═════ RECORDS FOR THE EXERCISE

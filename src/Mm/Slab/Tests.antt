-- ===== src/Mm/Slab/Tests.antt =====
-- Runs of src/mm/slab/mod.rs, and its theorems at them: a page of two slots of 2048 bytes.
use zheos.Common.{◌+◌, ◌-◌, ◌*◌, ◌≡◌, refl, none, some, [], ◌∷◌, arith, ok, panic}
use zheos.Mm.Entry
use zheos.Mm.Entry.{SlabEntry}
use zheos.Mm.Pages
use zheos.Mm.Pages.{Pages}
use zheos.Mm.Pages.Table.{wrote}
use zheos.Mm.Layout.{shifts}
use zheos.Mm.Slab.{Store, update, shift_of, new_entry, init, alloc, free}
use zheos.Mm.Slab.Chain.{Cut, slot_at}
use zheos.Mm.Slab.Holds.{Holds, Elsewhere, with_head}
use zheos.Mm.Slab.Taken.{alloc-Holds}
use zheos.Mm.Slab.Given.{free-Holds}
use zheos.Mm.Slab.Misuse.{freed_last, free-Misused}
use zheos.Mm.Slab.Fresh.{init-Holds, slots_from}
use zheos.Mm.Slab.Cycle.{alloc-free}

abbrev table : Pages
table = record {
  region = record { base = 0x4000_0000; size = 0x1000 };
  base = 0x4_0000;
  len = 4;
  entries = λ _. 0;
}

abbrev blank : Store
blank = record { pages = table; memory = λ _. 0 }

halves : Cut (0x4_0001 * 4096) 2 11
halves = record {
  whole = refl;
  low = omega arith;
  high = omega arith;
  room = omega arith;
  page = refl;
}

shift_is : shift_of 8 ≡ some 11
unfolding shift_of shifts
shift_is = refl

abbrev fresh_entry : SlabEntry
fresh_entry = record {
  class = 8;
  free_head = some 0;
  in_use = 0;
  next_partial = none;
  prev_partial = none;
}

abbrev fresh : Store
fresh = record {
  pages = wrote table 0x4_0001 (Entry.slab fresh_entry);
  memory = update (update (λ _. 0) 0x4000_1000 1) 0x4000_1800 0x3ff;
}

fresh-Holds : Holds fresh 0x4_0001 fresh_entry 11 2 (0 ∷ 1 ∷ [])
unfolding Pages.read Entry.from_u64 Entry.to_u64
fresh-Holds = record {
  table = omega arith;
  inside = omega arith;
  here = refl;
  fits = record {
    class = omega arith;
    free_head = omega arith;
    in_use = omega arith;
    next_partial = tt;
    prev_partial = tt;
  };
  class = shift_is;
  cut = halves;
  head = refl;
  chain = (refl, (refl, tt));
  below = (omega arith, (omega arith, tt));
  distinct = (refl, (refl, tt));
  counted = refl;
}

init-Holds_example :
    (next : Store) × (init blank 0x4_0001 8 ≡ ok (some 0x4_0001, next))
    × Holds next 0x4_0001 (new_entry 8) 11 2 (slots_from 0 2)
    × Elsewhere blank next 0x4_0001
init-Holds_example = init-Holds blank (omega arith) (omega arith) (omega arith) shift_is halves

alloc-Holds_example :
    (next : Store) × (alloc fresh 0x4_0001 ≡ ok (some (slot_at (0x4_0001 * 4096) 11 0), next))
    × Holds next 0x4_0001 (with_head fresh_entry (1 ∷ []) (0 + 1)) 11 2 (1 ∷ [])
    × Elsewhere fresh next 0x4_0001
    × (next.memory ≡ fresh.memory)
alloc-Holds_example = alloc-Holds 0 (1 ∷ []) fresh-Holds

alloc-free_example :
    (taken : Store) × (given : Store) × (alloc fresh 0x4_0001
      ≡ ok (some (slot_at (0x4_0001 * 4096) 11 0), taken))
    × (free taken 0x4_0001 (slot_at (0x4_0001 * 4096) 11 0) ≡ ok given)
    × Holds given 0x4_0001 (with_head fresh_entry (0 ∷ 1 ∷ []) 0) 11 2 (0 ∷ 1 ∷ [])
alloc-free_example = alloc-free fresh-Holds

abbrev used_entry : SlabEntry
used_entry = record {
  class = 8;
  free_head = some 1;
  in_use = 1;
  next_partial = none;
  prev_partial = none;
}

abbrev used : Store
used = record { pages = wrote table 0x4_0001 (Entry.slab used_entry); memory = fresh.memory }

used-Holds : Holds used 0x4_0001 used_entry 11 2 (1 ∷ [])
unfolding Pages.read Entry.from_u64 Entry.to_u64
used-Holds = record {
  table = omega arith;
  inside = omega arith;
  here = refl;
  fits = record {
    class = omega arith;
    free_head = omega arith;
    in_use = omega arith;
    next_partial = tt;
    prev_partial = tt;
  };
  class = shift_is;
  cut = halves;
  head = refl;
  chain = (refl, tt);
  below = (omega arith, tt);
  distinct = (refl, tt);
  counted = refl;
}

free-Holds_example :
    (next : Store) × (free used 0x4_0001 (slot_at (0x4_0001 * 4096) 11 0) ≡ ok next)
    × Holds next 0x4_0001 (with_head used_entry (0 ∷ 1 ∷ []) (1 - 1)) 11 2 (0 ∷ 1 ∷ [])
    × Elsewhere used next 0x4_0001
free-Holds_example = free-Holds 0 used-Holds (omega arith) refl (omega arith)

free-Misused_example : free used 0x4_0001 0x4000_1800 ≡ panic
free-Misused_example = free-Misused used-Holds (freed_last 1 [] refl refl)
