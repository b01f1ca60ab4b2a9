-- ===== src/Mmu.antt =====
-- src/arch/aarch64/mmu: the translation tables' levels and descriptors.
pub mod Level
pub mod Descriptor
pub mod Word
pub mod RoundTrip
pub mod Walk
pub mod Table
pub mod Plan
pub mod Control
pub mod Sample
pub mod Tests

══════════

*WHAT YOU SHOULD DO*: A complete, exact repeat of the records is the required answer.

*ANSWER BOX*:
filename src/Mm/Slab/Tests.antt
-- ===== src/Mm/Slab/Tests.antt =====
-- Runs of src/mm/slab/mod.rs, and its theorems at them: a page of two slots of 2048 bytes.
use zheos.Common.{◌+◌, ◌-◌, ◌*◌, ◌≡◌, refl, none, some, [], ◌∷◌, arith, ok, panic}
use zheos.Mm.Entry
use zheos.Mm.Entry.{SlabEntry}
use zheos.Mm.Pages
use zheos.Mm.Pages.{Pages}
use zheos.Mm.Pages.Table.{wrote}
use zheos.Mm.Layout.{shifts}
use zheos.Mm.Slab.{Store, update, shift_of, new_entry, init, alloc, free}
use zheos.Mm.Slab.Chain.{Cut, slot_at}
use zheos.Mm.Slab.Holds.{Holds, Elsewhere, with_head}
use zheos.Mm.Slab.Taken.{alloc-Holds}
use zheos.Mm.Slab.Given.{free-Holds}
use zheos.Mm.Slab.Misuse.{freed_last, free-Misused}
use zheos.Mm.Slab.Fresh.{init-Holds, slots_from}
use zheos.Mm.Slab.Cycle.{alloc-free}

abbrev table : Pages
table = record {
  region = record { base = 0x4000_0000; size = 0x1000 };
  base = 0x4_0000;
  len = 4;
  entries = λ _. 0;
}

abbrev blank : Store
blank = record { pages = table; memory = λ _. 0 }

halves : Cut (0x4_0001 * 4096) 2 11
halves = record {
  whole = refl;
  low = omega arith;
  high = omega arith;
  room = omega arith;
  page = refl;
}

shift_is : shift_of 8 ≡ some 11
unfolding shift_of shifts
shift_is = refl

abbrev fresh_entry : SlabEntry
fresh_entry = record {
  class = 8;
  free_head = some 0;
  in_use = 0;
  next_partial = none;
  prev_partial = none;
}

abbrev fresh : Store
fresh = record {
  pages = wrote table 0x4_0001 (Entry.slab fresh_entry);
  memory = update (update (λ _. 0) 0x4000_1000 1) 0x4000_1800 0x3ff;
}

fresh-Holds : Holds fresh 0x4_0001 fresh_entry 11 2 (0 ∷ 1 ∷ [])
unfolding Pages.read Entry.from_u64 Entry.to_u64
fresh-Holds = record {
  table = omega arith;
  inside = omega arith;
  here = refl;
  fits = record {
    class = omega arith;
    free_head = omega arith;
    in_use = omega arith;
    next_partial = tt;
    prev_partial = tt;
  };
  class = shift_is;
  cut = halves;
  head = refl;
  chain = (refl, (refl, tt));
  below = (omega arith, (omega arith, tt));
  distinct = (refl, (refl, tt));
  counted = refl;
}

init-Holds_example :
    (next : Store) × (init blank 0x4_0001 8 ≡ ok (some 0x4_0001, next))
    × Holds next 0x4_0001 (new_entry 8) 11 2 (slots_from 0 2)
    × Elsewhere blank next 0x4_0001
init-Holds_example = init-Holds blank (omega arith) (omega arith) (omega arith) shift_is halves

alloc-Holds_example :
    (next : Store) × (alloc fresh 0x4_0001 ≡ ok (some (slot_at (0x4_0001 * 4096) 11 0), next))
    × Holds next 0x4_0001 (with_head fresh_entry (1 ∷ []) (0 + 1)) 11 2 (1 ∷ [])
    × Elsewhere fresh next 0x4_0001
    × (next.memory ≡ fresh.memory)
alloc-Holds_example = alloc-Holds 0 (1 ∷ []) fresh-Holds

alloc-free_example :
    (taken : Store) × (given : Store) × (alloc fresh 0x4_0001
      ≡ ok (some (slot_at (0x4_0001 * 4096) 11 0), taken))
    × (free taken 0x4_0001 (slot_at (0x4_0001 * 4096) 11 0) ≡ ok given)
    × Holds given 0x4_0001 (with_head fresh_entry (0 ∷ 1 ∷ []) 0) 11 2 (0 ∷ 1 ∷ [])
alloc-free_example = alloc-free fresh-Holds

abbrev used_entry : SlabEntry
used_entry = record {
  class = 8;
  free_head = some 1;
  in_use = 1;
  next_partial = none;
  prev_partial = none;
}

abbrev used : Store
used = record { pages = wrote table 0x4_0001 (Entry.slab used_entry); memory = fresh.memory }

used-Holds : Holds used 0x4_0001 used_entry 11 2 (1 ∷ [])
unfolding Pages.read Entry.from_u64 Entry.to_u64
used-Holds = record {
  table = omega arith;
  inside = omega arith;
  here = refl;
  fits = record {
    class = omega arith;
    free_head = omega arith;
    in_use = omega arith;
    next_partial = tt;
    prev_partial = tt;
  };
  class = shift_is;
  cut = halves;
  head = refl;
  chain = (refl, tt);
  below = (omega arith, tt);
  distinct = (refl, tt);
  counted = refl;
}

free-Holds_example :
    (next : Store) × (free used 0x4_0001 (slot_at (0x4_0001 * 4096) 11 0) ≡ ok next)
    × Holds next 0x4_0001 (with_head used_entry (0 ∷ 1 ∷ []) (1 - 1)) 11 2 (0 ∷ 1 ∷ [])
    × Elsewhere used next 0x4_0001
free-Holds_example = free-Holds 0 used-Holds (omega arith) refl (omega arith)

free-Misused_example : free used 0x4_0001 0x4000_1800 ≡ panic
free-Misused_example = free-Misused used-Holds (freed_last 1 [] refl refl)
repository b01f1ca60ab4b2a9
-- ===== src/Mmu.antt =====
-- src/arch/aarch64/mmu: the translation tables' levels and descriptors.
pub mod Level
pub mod Descriptor
pub mod Word
pub mod RoundTrip
pub mod Walk
pub mod Table
pub mod Plan
pub mod Control
pub mod Sample
pub mod Tests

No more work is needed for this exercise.